Photolithography (or “optical lithography”) is a complex process used in semiconductor processing to selectively remove parts of a thin film or the bulk of a substrate to build structures. This process uses light to transfer a geometric pattern from a photo mask to a light-sensitive chemical, e.g., photoresist or “resist,” on the substrate. A series of chemical treatments, e.g., etching processes, then engraves the exposure pattern into the material underneath the photoresist. In complex integrated circuits, for example a modern CMOS, a wafer may go through the photolithographic cycle up to 50 times. The patterning can be used to form gates, as well as isolation structures, wiring layers, contacts, etc.
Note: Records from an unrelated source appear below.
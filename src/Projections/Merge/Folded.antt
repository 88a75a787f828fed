-- ===== src/Projections/Merge/Folded.antt =====
-- What a merge does to the two views, and that it keeps the tables consistent.
use hoglet.Prelude.{
  ◌+◌, String, ◌≡◌, refl, ◌≢◌, inl, inr, ◌&&◌, none, some, arith, eq_iff, if◌then◌else◌, Bool-cases,
  Option-cases, ◌==◌, nat_eq, string_eq, list_eq,
}
use mathlib.Core.Option
use hoglet.Prelude.Map.{==_refl}
use hoglet.Projections.Store.{
  Person, Tables, resolve, person_of, update_person, repoint, delete_person, next_identity_seq,
}
use hoglet.Projections.Views.{
  IsConsistent, person_of-update_person, resolve-repoint, person_of-repoint,
  person_of-delete_person,
}
use hoglet.Projections.Merge.{merged, fold_into}

-- `loser` is folded into `winner`: their distinct ids lead to `winner`, whose row joins both, `loser` is
-- gone, and all else is as it was.
pub record Folded (t t' : Tables) (project_id winner loser : String) (row : Person) : Type 0 where
  pub consistent : IsConsistent t'
  pub ids :
      (p d : String)
      → resolve t' p d
        ≡ Option.map (λ r. if p == project_id && r == loser then winner else r) (resolve t p d)
  pub persons :
      (p i : String)
      → person_of t' p i ≡ (
          if project_id == p && loser == i
          then none
          else Option.map
              (λ r. if p == project_id && i == winner then row else r)
              (person_of t p i))

module _ (t : Tables) (project_id winner : String) (winner_row : Person) (loser : String)
    (loser_row : Person) where
  abbrev pub folded : Tables
  folded = fold_into t project_id winner winner_row loser loser_row

  resolve-folded :
      (p d : String)
      → resolve folded p d
        ≡ Option.map (λ r. if p == project_id && r == loser then winner else r) (resolve t p d)
  unfolding fold_into next_identity_seq resolve update_person delete_person
  resolve-folded p d =
      resolve-repoint (record t { identity_seq = t.identity_seq + 1 }) project_id loser winner
        (t.identity_seq + 1) p d

  person_of-folded :
      (p i : String)
      → person_of folded p i ≡ (
          if project_id == p && loser == i
          then none
          else Option.map
              (λ r. if p == project_id && i == winner then merged winner_row loser_row else r)
              (person_of t p i))
  unfolding fold_into next_identity_seq
  person_of-folded p i =
      let t1 = record t { identity_seq = t.identity_seq + 1 } in
      let t2 = repoint t1 project_id loser winner (t.identity_seq + 1) in
      let f = λ (_ : Person). merged winner_row loser_row in
      let t3 = update_person t2 project_id winner f in
      let same : person_of t1 p i ≡ person_of t p i = unfold person_of in refl in
      rw
        (
          person_of-delete_person t3 project_id loser p i,
          person_of-update_person t2 project_id winner f p i,
          person_of-repoint t1 project_id loser winner (t.identity_seq + 1) p i,
          same,
        )
        refl

  resolve-folded_known :
      (p d j : String)
      → resolve t p d ≡ some j
      → resolve folded p d ≡ some (if p == project_id && j == loser then winner else j)
  resolve-folded_known p d j h = rw (resolve-folded p d, h) refl

  person_of-folded_known :
      (p i : String) (r : Person)
      → person_of t p i ≡ some r
      → person_of folded p i ≡ (
          if project_id == p && loser == i
          then none
          else some (if p == project_id && i == winner then merged winner_row loser_row else r))
  person_of-folded_known p i r h = rw (person_of-folded p i, h) refl

  person_of-folded_free : (p i : String) → person_of t p i ≡ none → person_of folded p i ≡ none
  person_of-folded_free p i h = rw (person_of-folded p i, h) (ground arith)

  resolve-folded_free : (p d : String) → resolve t p d ≡ none → resolve folded p d ≡ none
  resolve-folded_free p d h = rw (resolve-folded p d, h) refl

  own-folded :
      IsConsistent t
      → (p i : String) (row : Person) → person_of folded p i ≡ some row
      → resolve folded p i ≡ some i
  own-folded c p i row h = elim (Option-cases (person_of t p i)) [
    | inl free ↦ ground (arith, person_of-folded_free p i free)
    | inr (r, found) ↦
        let known : resolve t p i ≡ some i = c.own p i r found in
        ground (
          arith,
          person_of-folded_known p i r found,
          resolve-folded_known p i i known,
          eq_iff p project_id,
          eq_iff project_id p,
          eq_iff i loser,
          eq_iff loser i,
        )
  ]

  leads-folded :
      IsConsistent t
      → winner ≢ loser
      → person_of t project_id winner ≡ some winner_row
      → (p d i : String) → resolve folded p d ≡ some i
      → (row : Person) × (person_of folded p i ≡ some row)
  leads-folded c apart w p d i h = elim (Option-cases (resolve t p d)) [
    | inl free ↦ absurd (ground (arith, resolve-folded_free p d free))
    | inr (j, found) ↦
        let (r, there) = c.leads p d j found in
        elim (Bool-cases (p == project_id && j == loser)) [
          | inl moved ↦ (
            merged winner_row loser_row,
            ground (
              arith,
              resolve-folded_known p d j found,
              person_of-folded_known project_id winner winner_row w,
              eq_iff p project_id,
              eq_iff loser winner,
              ==_refl project_id,
              ==_refl winner,
            ),
          )
          | inr stays ↦ (
            (if p == project_id && j == winner then merged winner_row loser_row else r),
            ground (
              arith,
              resolve-folded_known p d j found,
              person_of-folded_known p j r there,
              eq_iff p project_id,
              eq_iff project_id p,
              eq_iff j loser,
              eq_iff loser j,
            ),
          )
        ]
  ]

  pub fold_into-Folded :
      IsConsistent t
      → winner ≢ loser
      → person_of t project_id winner ≡ some winner_row
      → Folded t folded project_id winner loser (merged winner_row loser_row)
  fold_into-Folded c apart w = record {
    consistent = record { own = own-folded c; leads = leads-folded c apart w };
    ids = resolve-folded;
    persons = person_of-folded;
  }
As the imaging becomes ever so smaller in newer technologies, the photolithographic process must transfer smaller and smaller images (patterns) onto the photo mask. However, as conventional resolution limits of lithography continue to be exceeded, in particular at the 15 nm node, and beyond, new technology integration schemes may be needed to ease the burden on patterning. For example, in newer technologies it is becoming difficult to isolate transistors (gates) with critical spacing, while maintaining the minimum image of the gate electrodes, themselves. To ensure minimum image of the gate electrodes and that gates remain isolated (e.g., do not short circuit), large isolation regions are formed between gates. This can be accomplished with photolithographic process since such large isolation regions do not exceed conventional resolution limits of lithography. Although these large isolation regions allow the designer and engineer to maintain the minimum image of the gates, such isolation regions take up valuable chip real estate. This, in turn, limits the density of the chip.
Accordingly, there exists a need in the art to overcome the deficiencies and limitations described hereinabove.